> [WHAT TO WORK ON] Go through the data and report each line that holds the string "concrete".

> [Records drawn from a dataset]
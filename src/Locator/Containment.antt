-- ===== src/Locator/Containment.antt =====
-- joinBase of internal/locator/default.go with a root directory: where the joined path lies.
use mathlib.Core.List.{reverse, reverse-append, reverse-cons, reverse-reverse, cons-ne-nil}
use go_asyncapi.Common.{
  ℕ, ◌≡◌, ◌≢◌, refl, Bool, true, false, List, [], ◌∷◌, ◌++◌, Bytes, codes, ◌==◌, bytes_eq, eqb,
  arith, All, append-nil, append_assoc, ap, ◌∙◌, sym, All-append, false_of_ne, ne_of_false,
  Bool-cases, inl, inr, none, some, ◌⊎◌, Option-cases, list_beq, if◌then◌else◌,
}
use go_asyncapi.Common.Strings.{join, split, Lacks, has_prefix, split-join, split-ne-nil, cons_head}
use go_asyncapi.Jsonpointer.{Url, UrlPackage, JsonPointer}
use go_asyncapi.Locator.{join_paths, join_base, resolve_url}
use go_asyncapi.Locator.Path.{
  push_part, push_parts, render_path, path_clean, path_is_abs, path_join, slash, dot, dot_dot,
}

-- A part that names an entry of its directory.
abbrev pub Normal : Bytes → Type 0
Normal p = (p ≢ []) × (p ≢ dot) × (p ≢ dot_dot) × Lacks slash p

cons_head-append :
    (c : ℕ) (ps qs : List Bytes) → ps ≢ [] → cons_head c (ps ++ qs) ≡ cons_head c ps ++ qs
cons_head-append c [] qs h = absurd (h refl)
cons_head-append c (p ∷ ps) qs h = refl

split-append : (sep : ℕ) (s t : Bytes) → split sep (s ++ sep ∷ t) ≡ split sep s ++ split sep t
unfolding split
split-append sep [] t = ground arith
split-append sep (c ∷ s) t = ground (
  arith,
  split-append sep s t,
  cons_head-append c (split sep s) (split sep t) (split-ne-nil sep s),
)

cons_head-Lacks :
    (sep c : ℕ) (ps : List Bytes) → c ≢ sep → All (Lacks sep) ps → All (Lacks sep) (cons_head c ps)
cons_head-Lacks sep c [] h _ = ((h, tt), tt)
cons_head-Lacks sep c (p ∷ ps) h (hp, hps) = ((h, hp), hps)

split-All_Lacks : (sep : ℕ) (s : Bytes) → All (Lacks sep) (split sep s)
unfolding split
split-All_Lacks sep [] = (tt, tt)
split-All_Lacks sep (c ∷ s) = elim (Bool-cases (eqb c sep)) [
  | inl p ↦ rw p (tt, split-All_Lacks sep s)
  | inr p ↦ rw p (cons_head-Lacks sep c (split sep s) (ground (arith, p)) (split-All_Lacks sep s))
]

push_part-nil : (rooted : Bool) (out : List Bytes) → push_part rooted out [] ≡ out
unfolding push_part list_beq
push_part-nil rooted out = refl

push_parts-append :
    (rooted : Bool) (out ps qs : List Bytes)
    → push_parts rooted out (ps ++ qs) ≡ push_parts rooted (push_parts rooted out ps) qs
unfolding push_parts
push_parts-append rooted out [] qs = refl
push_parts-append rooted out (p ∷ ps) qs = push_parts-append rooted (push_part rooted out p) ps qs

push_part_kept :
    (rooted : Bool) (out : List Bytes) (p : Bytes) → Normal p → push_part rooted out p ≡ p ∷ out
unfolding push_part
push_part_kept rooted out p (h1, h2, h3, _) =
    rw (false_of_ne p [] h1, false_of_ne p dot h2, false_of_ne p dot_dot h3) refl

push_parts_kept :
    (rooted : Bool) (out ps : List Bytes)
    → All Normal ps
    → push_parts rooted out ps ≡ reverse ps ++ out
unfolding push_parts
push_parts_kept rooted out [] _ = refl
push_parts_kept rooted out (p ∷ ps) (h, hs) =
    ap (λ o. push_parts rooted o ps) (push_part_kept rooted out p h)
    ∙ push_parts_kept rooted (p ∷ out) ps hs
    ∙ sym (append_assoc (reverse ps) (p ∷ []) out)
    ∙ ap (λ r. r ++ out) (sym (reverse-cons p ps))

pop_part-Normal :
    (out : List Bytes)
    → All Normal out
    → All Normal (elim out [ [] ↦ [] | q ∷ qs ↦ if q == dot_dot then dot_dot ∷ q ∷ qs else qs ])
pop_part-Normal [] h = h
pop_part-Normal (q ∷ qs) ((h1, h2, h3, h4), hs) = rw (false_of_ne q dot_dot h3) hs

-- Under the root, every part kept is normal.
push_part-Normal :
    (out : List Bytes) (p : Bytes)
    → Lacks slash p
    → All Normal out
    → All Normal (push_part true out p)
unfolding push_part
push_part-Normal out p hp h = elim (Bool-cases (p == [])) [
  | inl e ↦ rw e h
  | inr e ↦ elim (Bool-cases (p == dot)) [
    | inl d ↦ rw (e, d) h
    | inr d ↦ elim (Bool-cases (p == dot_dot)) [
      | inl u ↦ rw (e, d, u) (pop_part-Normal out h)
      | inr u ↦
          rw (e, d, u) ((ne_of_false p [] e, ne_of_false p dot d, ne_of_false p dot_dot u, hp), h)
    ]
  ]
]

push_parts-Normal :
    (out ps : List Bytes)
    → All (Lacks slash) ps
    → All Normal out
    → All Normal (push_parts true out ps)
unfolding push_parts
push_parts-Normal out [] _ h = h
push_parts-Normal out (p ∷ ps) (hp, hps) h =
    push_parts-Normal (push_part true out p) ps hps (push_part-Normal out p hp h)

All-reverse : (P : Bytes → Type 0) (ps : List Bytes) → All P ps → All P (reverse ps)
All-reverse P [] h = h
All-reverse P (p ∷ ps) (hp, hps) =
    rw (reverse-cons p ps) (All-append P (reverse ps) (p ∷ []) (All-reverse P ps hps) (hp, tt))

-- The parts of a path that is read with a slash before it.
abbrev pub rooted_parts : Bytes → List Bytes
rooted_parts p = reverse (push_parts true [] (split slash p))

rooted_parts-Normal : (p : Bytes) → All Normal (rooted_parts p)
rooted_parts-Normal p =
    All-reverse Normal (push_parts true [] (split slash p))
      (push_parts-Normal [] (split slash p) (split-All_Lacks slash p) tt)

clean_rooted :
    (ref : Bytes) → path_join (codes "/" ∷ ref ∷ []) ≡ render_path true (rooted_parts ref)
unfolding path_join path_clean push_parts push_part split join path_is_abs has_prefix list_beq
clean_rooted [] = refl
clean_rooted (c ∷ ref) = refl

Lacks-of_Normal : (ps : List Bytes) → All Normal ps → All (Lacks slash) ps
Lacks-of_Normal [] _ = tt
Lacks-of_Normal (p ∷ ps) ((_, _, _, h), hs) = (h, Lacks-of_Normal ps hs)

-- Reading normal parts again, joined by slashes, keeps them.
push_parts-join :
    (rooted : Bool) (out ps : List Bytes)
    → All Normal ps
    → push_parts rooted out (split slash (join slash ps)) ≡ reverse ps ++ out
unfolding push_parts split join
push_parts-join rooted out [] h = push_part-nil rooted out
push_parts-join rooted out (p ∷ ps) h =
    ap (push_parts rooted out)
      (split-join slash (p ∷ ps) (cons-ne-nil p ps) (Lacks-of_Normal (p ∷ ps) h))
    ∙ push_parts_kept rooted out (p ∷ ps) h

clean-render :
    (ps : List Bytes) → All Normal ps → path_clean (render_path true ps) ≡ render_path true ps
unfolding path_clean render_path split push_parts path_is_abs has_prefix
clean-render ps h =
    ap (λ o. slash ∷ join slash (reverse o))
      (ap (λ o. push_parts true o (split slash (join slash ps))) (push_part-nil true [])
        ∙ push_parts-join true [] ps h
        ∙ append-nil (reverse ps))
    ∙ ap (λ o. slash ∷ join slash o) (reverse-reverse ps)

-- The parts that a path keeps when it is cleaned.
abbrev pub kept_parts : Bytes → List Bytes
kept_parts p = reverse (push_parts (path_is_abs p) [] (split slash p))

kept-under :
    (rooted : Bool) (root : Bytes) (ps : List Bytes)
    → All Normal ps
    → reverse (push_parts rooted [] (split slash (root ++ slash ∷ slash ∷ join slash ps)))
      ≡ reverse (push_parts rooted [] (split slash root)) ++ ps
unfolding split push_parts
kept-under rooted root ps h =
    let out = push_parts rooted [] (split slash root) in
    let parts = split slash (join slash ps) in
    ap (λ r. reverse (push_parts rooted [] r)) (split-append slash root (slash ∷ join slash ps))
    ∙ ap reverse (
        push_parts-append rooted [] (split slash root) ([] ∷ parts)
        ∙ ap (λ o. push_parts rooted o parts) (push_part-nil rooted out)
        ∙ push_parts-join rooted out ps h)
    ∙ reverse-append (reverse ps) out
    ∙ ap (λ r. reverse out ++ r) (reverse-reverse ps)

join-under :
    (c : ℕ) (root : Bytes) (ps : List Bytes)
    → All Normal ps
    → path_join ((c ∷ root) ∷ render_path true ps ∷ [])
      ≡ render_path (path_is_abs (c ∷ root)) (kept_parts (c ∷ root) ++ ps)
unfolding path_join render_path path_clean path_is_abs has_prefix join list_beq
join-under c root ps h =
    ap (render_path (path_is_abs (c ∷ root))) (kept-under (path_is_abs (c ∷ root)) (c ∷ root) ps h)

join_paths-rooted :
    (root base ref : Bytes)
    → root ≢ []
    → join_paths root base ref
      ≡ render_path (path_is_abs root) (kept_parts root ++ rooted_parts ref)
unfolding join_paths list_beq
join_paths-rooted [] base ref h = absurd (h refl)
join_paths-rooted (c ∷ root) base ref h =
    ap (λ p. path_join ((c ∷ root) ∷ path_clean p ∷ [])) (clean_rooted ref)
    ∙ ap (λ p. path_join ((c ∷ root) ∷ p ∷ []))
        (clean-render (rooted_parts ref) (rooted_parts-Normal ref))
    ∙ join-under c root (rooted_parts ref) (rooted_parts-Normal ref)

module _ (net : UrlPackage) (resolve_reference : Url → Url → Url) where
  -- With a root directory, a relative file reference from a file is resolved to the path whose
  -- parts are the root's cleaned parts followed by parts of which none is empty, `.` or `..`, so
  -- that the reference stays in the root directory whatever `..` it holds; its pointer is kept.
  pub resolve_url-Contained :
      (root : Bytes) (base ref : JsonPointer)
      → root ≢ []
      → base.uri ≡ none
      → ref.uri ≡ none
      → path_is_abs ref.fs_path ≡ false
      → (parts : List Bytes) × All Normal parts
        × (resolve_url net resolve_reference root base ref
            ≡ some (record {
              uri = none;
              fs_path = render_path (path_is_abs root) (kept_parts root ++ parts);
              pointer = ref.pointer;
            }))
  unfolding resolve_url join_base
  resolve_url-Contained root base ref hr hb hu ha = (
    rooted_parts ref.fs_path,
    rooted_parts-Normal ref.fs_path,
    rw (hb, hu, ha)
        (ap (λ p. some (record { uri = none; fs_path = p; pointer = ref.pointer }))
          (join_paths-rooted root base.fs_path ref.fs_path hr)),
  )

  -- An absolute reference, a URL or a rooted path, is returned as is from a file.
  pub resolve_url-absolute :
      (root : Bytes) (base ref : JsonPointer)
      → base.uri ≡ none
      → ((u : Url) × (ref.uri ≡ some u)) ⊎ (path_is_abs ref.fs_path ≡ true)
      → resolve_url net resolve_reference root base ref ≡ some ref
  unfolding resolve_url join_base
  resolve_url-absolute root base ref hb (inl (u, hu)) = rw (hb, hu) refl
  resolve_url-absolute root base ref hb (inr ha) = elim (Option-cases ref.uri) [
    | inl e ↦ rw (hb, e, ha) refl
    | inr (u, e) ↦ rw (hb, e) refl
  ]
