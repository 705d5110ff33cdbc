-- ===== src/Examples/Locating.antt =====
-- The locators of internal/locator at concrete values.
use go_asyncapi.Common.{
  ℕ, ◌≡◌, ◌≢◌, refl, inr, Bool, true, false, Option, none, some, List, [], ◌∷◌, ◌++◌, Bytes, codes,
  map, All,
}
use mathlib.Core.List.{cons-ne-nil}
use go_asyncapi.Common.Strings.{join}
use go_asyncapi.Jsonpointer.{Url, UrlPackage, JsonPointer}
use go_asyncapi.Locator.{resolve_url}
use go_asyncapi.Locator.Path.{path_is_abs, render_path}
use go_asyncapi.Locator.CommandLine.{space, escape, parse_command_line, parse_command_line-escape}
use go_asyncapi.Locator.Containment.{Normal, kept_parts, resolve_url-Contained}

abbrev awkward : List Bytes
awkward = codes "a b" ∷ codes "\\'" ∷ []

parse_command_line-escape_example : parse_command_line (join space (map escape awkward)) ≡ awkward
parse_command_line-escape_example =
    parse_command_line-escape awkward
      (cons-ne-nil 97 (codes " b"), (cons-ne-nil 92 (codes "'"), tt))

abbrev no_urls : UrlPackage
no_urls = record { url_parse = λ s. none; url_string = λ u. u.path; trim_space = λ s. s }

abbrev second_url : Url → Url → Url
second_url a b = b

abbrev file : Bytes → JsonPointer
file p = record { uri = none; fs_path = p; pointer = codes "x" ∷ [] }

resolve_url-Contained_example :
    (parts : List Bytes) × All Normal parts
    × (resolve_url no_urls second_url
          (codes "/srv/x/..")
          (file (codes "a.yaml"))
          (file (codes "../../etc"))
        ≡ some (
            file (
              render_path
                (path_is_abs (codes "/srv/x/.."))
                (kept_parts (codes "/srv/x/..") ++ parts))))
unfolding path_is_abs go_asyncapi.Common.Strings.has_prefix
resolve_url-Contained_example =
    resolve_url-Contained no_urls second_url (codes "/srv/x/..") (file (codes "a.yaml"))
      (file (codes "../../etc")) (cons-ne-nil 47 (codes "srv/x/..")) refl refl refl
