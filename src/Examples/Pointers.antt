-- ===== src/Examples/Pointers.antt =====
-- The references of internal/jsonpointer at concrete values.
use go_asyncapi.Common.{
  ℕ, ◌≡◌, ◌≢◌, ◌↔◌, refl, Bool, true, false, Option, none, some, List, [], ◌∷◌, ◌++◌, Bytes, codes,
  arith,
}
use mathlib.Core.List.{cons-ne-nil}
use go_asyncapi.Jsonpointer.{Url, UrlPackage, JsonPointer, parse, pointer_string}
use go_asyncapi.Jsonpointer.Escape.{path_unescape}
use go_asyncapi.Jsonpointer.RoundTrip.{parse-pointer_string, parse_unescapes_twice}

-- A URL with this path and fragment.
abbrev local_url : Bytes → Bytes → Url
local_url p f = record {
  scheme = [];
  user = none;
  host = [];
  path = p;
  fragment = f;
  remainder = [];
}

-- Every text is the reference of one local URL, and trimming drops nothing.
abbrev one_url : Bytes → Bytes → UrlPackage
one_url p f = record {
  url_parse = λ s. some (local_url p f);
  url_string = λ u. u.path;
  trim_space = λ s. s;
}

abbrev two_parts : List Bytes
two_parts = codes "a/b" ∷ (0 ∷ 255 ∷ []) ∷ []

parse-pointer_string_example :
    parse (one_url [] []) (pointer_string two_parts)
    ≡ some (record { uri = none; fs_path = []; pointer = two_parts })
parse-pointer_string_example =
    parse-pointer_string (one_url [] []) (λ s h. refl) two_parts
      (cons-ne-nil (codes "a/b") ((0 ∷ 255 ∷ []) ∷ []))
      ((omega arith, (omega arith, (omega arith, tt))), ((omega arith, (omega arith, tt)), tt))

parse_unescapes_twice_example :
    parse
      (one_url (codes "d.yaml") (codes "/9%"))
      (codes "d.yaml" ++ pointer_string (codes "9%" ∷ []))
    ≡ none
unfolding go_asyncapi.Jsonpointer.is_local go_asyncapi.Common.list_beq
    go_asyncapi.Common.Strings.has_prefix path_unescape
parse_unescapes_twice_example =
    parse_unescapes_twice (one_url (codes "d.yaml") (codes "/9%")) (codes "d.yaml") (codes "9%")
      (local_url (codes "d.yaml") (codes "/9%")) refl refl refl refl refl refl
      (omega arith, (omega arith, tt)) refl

> [WRITTEN SOLUTION]
-- The locators of internal/locator at concrete values.
-- The references of internal/jsonpointer at concrete values.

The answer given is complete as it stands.